Can’t wait for your series of post Steve. I’ve been unhappy with MatLab’s way of dealing with binarization for so long that I’m really curious to see what really evolved.
Going into details of both methods is a good way to point out what their limitations are but if it suits you, I’d be glad to know as well if you ever considered direct implementation (as functions) of automated thresholding methods (entropy methods, inter variance classes…).
Sure one can find quite a lot of those using MatLab Exchange but I rather think that the Image Processing Toolbox should propose its own set of functions for automated thresholding. I often use ImageJ of FiJi for quick “prototyping” and I find their Automated Thresholding plugin very handy in that it gives me a quick overview of what could work with a given type of image.

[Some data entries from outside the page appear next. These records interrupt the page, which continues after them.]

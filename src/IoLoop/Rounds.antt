-- ===== src/IoLoop/Rounds.antt =====
-- ioloop/ioloop.c: `iol_main_loop` and the callbacks that it calls. A callback can call `iol_add_event`,
-- `iol_del_event` and `iol_stop_loop`, as often as it likes.
use divers.Base.{
  ℕ, ◌+◌, ◌-◌, ◌^◌, Bool, not, Option, none, some, List, [], ◌∷◌, ◌==◌, if◌then◌else◌,
}
use divers.Resources.{◌>>=◌}
use divers.IoLoop.{EventDesc, Event, Manager, Answers, add_event, del_event, stop_loop}

pub data Op : Type 0 where
  add : Answers → EventDesc → Op
  del : ℕ → Op
  stop : Op

unfoldable pub perform : Op → Manager → Option Manager
unfolding add_event del_event
perform (add a ref) m = add_event a ref m >>= λ r. some (r.1)
perform (del fd) m = del_event fd m >>= λ r. some (r.1)
perform stop m = some (stop_loop m)

unfoldable pub perform_all : List Op → Manager → Option Manager
unfolding perform
perform_all [] m = some m
perform_all (op ∷ ops) m = perform op m >>= λ m'. perform_all ops m'

-- What `iol_func` does with the description that it is given, and whether it returns a positive number.
abbrev pub Callback : Type 0
Callback = EventDesc → Manager → List Op × Bool

-- The description in the block `data_ptr`: that of an entry of the tree, or of one that is lost.
abbrev pub find_data : (data_ptr : ℕ) → List Event → Option Event
find_data p [] = none
find_data p (e ∷ es) = if e.data_ptr == p then some e else find_data p es

unfoldable pub data_at : (data_ptr : ℕ) → Manager → Option Event
data_at p m = elim (find_data p m.root) [ some e ↦ some e | none ↦ find_data p m.lost ]

-- `curr->iol_rev = events`.
unfoldable pub with_rev : (events : ℕ) → EventDesc → EventDesc
with_rev events d = record d { rev = events }

unfoldable pub set_rev : (data_ptr events : ℕ) → List Event → List Event
set_rev p events [] = []
set_rev p events (e ∷ es) =
    if e.data_ptr == p
    then record e { desc = with_rev events e.desc } ∷ es
    else e ∷ set_rev p events es

unfoldable pub received : (data_ptr events : ℕ) → Manager → Manager
received p events m = record m { root = set_rev p events m.root; lost = set_rev p events m.lost }

-- `curr->iol_func` and the deletion behind it. A block that was freed has no entry: to look into it is a
-- fault.
unfoldable pub call : Callback → (data_ptr : ℕ) → EventDesc → Manager → Option Manager
unfolding perform_all del_event data_at
call iol_func p d m =
    let (ops, positive) = iol_func d m in
    perform_all ops m >>= λ m2.
    if positive
    then some m2
    else (data_at p m2 >>= λ curr. del_event curr.desc.fd m2 >>= λ r. some (r.1))

-- The body of the loop of `iol_main_loop`, on one pair of block and events.
unfoldable pub handle : Callback → (data_ptr events : ℕ) → Manager → Option Manager
unfolding data_at
handle iol_func p events m =
    if p == 0
    then some m
    else (data_at p m >>= λ e.
        if not (e.desc.has_func)
        then some m
        else call iol_func p (with_rev events e.desc) (received p events m))

unfoldable pub dispatch : Callback → List (ℕ × ℕ) → ℕ → Manager → Option (ℕ × Manager)
unfolding handle
dispatch iol_func [] i m = some (i, m)
dispatch iol_func ((p, events) ∷ vec) i m =
    handle iol_func p events m >>= λ m'. dispatch iol_func vec (i + 1) m'

-- The `int` -1, by its 32 bits.
abbrev pub minus_one : ℕ
minus_one = 2 ^ 32 - 1

-- `iol_main_loop` with what `epoll_wait` gave; for no events, or an error, it returns -1.
unfoldable pub main_loop : Callback → List (ℕ × ℕ) → Manager → Option (ℕ × Manager)
unfolding dispatch
main_loop iol_func [] m = some (minus_one, m)
main_loop iol_func (v ∷ vec) m = dispatch iol_func (v ∷ vec) 0 m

Pierre—Thanks for your input. By “direct implementation of automated threshold methods,” do you mean something different than a function such as graythresh, which implements Otsu’s method?

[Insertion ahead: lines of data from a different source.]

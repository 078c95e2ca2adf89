-- ===== src/Resources/Counts.antt =====
-- How often a block is held: the blocks as a bag.
use divers.Base.{
  ℕ, ◌+◌, ◌<◌, ◌≡◌, refl, sym, ap, arith, subst, true, some, [], ◌∷◌, inl, inr, Bool-cases,
  if◌then◌else◌, ==_iff,
}
use divers.Resources.{
  Resource, Held, same, release, descriptor, mapping, stream, handle, region, class', cdev, device,
  block,
}

-- 1 for the block itself, 0 for another resource.
abbrev pub one_of : ℕ → Resource → ℕ
one_of b r = if same (block b) r then 1 else 0

abbrev pub count : ℕ → Held → ℕ
count b [] = 0
count b (r ∷ rs) = one_of b r + count b rs

same_eq : (b : ℕ) (r : Resource) → same (block b) r ≡ true → r ≡ block b
same_eq b (descriptor a) e = cc
same_eq b (mapping a n) e = cc
same_eq b (stream a) e = cc
same_eq b (handle a) e = cc
same_eq b (region a) e = cc
same_eq b (class' a) e = cc
same_eq b (cdev a) e = cc
same_eq b (device a) e = cc
same_eq b (block a) e = ap block (sym ((==_iff b a).0 e))

-- A block that is held can be released, and is then held once less.
pub release-count :
    (b : ℕ) (h : Held)
    → 0 < count b h
    → (h' : Held) × (release (block b) h ≡ some h')
      × ((c : ℕ) → count c h ≡ one_of c (block b) + count c h')
unfolding release
release-count b [] lt = absurd (omega arith)
release-count b (r ∷ rs) lt = elim (Bool-cases (same (block b) r)) [
  | inl t ↦ rw t (rs, refl, λ c. rw (same_eq b r t) refl)
  | inr f ↦
      let below : 0 < count b rs =
        omega (arith, subst (λ t. 0 < (if t then 1 else 0) + count b rs) f lt) in
      let (h', e, counts) = release-count b rs below in
      rw (f, e) (r ∷ h', refl, λ c. omega (arith, counts c))
]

I’m eager to read this upcoming series! Looking at graythresh as it stands in 2016a, it appears to be basically a wrapper for otsuthresh (and otsuthresh was essentially cut-and-pasted from the old graythresh). I am curious why someone would ever want to use otsuthresh over graythresh now. Is it only for the case where someone wants a different quantization of the image histogram?
I’d like to see those articles written. However I rarely use those functions. They seem to work well only for high contrast, bimodal images. One thing I’d like to see you add is the triangle threshold. This is useful far more often in my experience than Otsu. Why? It’s great for skewed histograms. When doing particle sizing or getting distributions of almost anything you can imagine, you rarely have a bimodal Gaussian humps. It’s more common to have a skewed unimodal histogram – like a log normal or Rayleigh/Cauchy – looking distribution. Just look at almost any particle size distribution of areas, circularities (which I’d like to see added to regionprops), perimeters, aspect ratios, or whatever. The triangle threshold works great for these skewed unimodal distributions. I know of a published case where they used locally adaptive Otsu also with Sobel edge detection to enhance and flatter handwriting on a varying background. I have code for that if you want. So, like your rice example, locally adaptive thresholds are good. Usually what I did was to try to flatten the background (like with adapthisteq) and then use a global threshold. I’ve never heard of the Bradley method so I’d like to learn about what kinds of images it excels at. Another thing I don’t like about the built in functions is that they always work with images in the normalized range 0-1 when in the real world, virtually no one has those (unless they make them because they have to in order to use your functions). It would be nice if you had a version that worked with gray level directly. Perhaps if you could pass in a ‘GrayLevel’ or ‘Normalized’ option to the functions.
Steve — Yes, I meant something other than graythresh and Otsu’s method, which as Mark mentioned works well for high contrast images. There are other methods than Otsu’s than may work better on less contrasted images (again, I fully agree with Mark’s comment on skewed unimodal histograms). I’m definitely not a specialist there but I’d love to see other thresholding functions appear in MatLab (Entropy, Triangle, Moments for instance).
Then again, I’ll have to try out the new adaptthresh function to see how it works on my usually “not that much contrasted images”.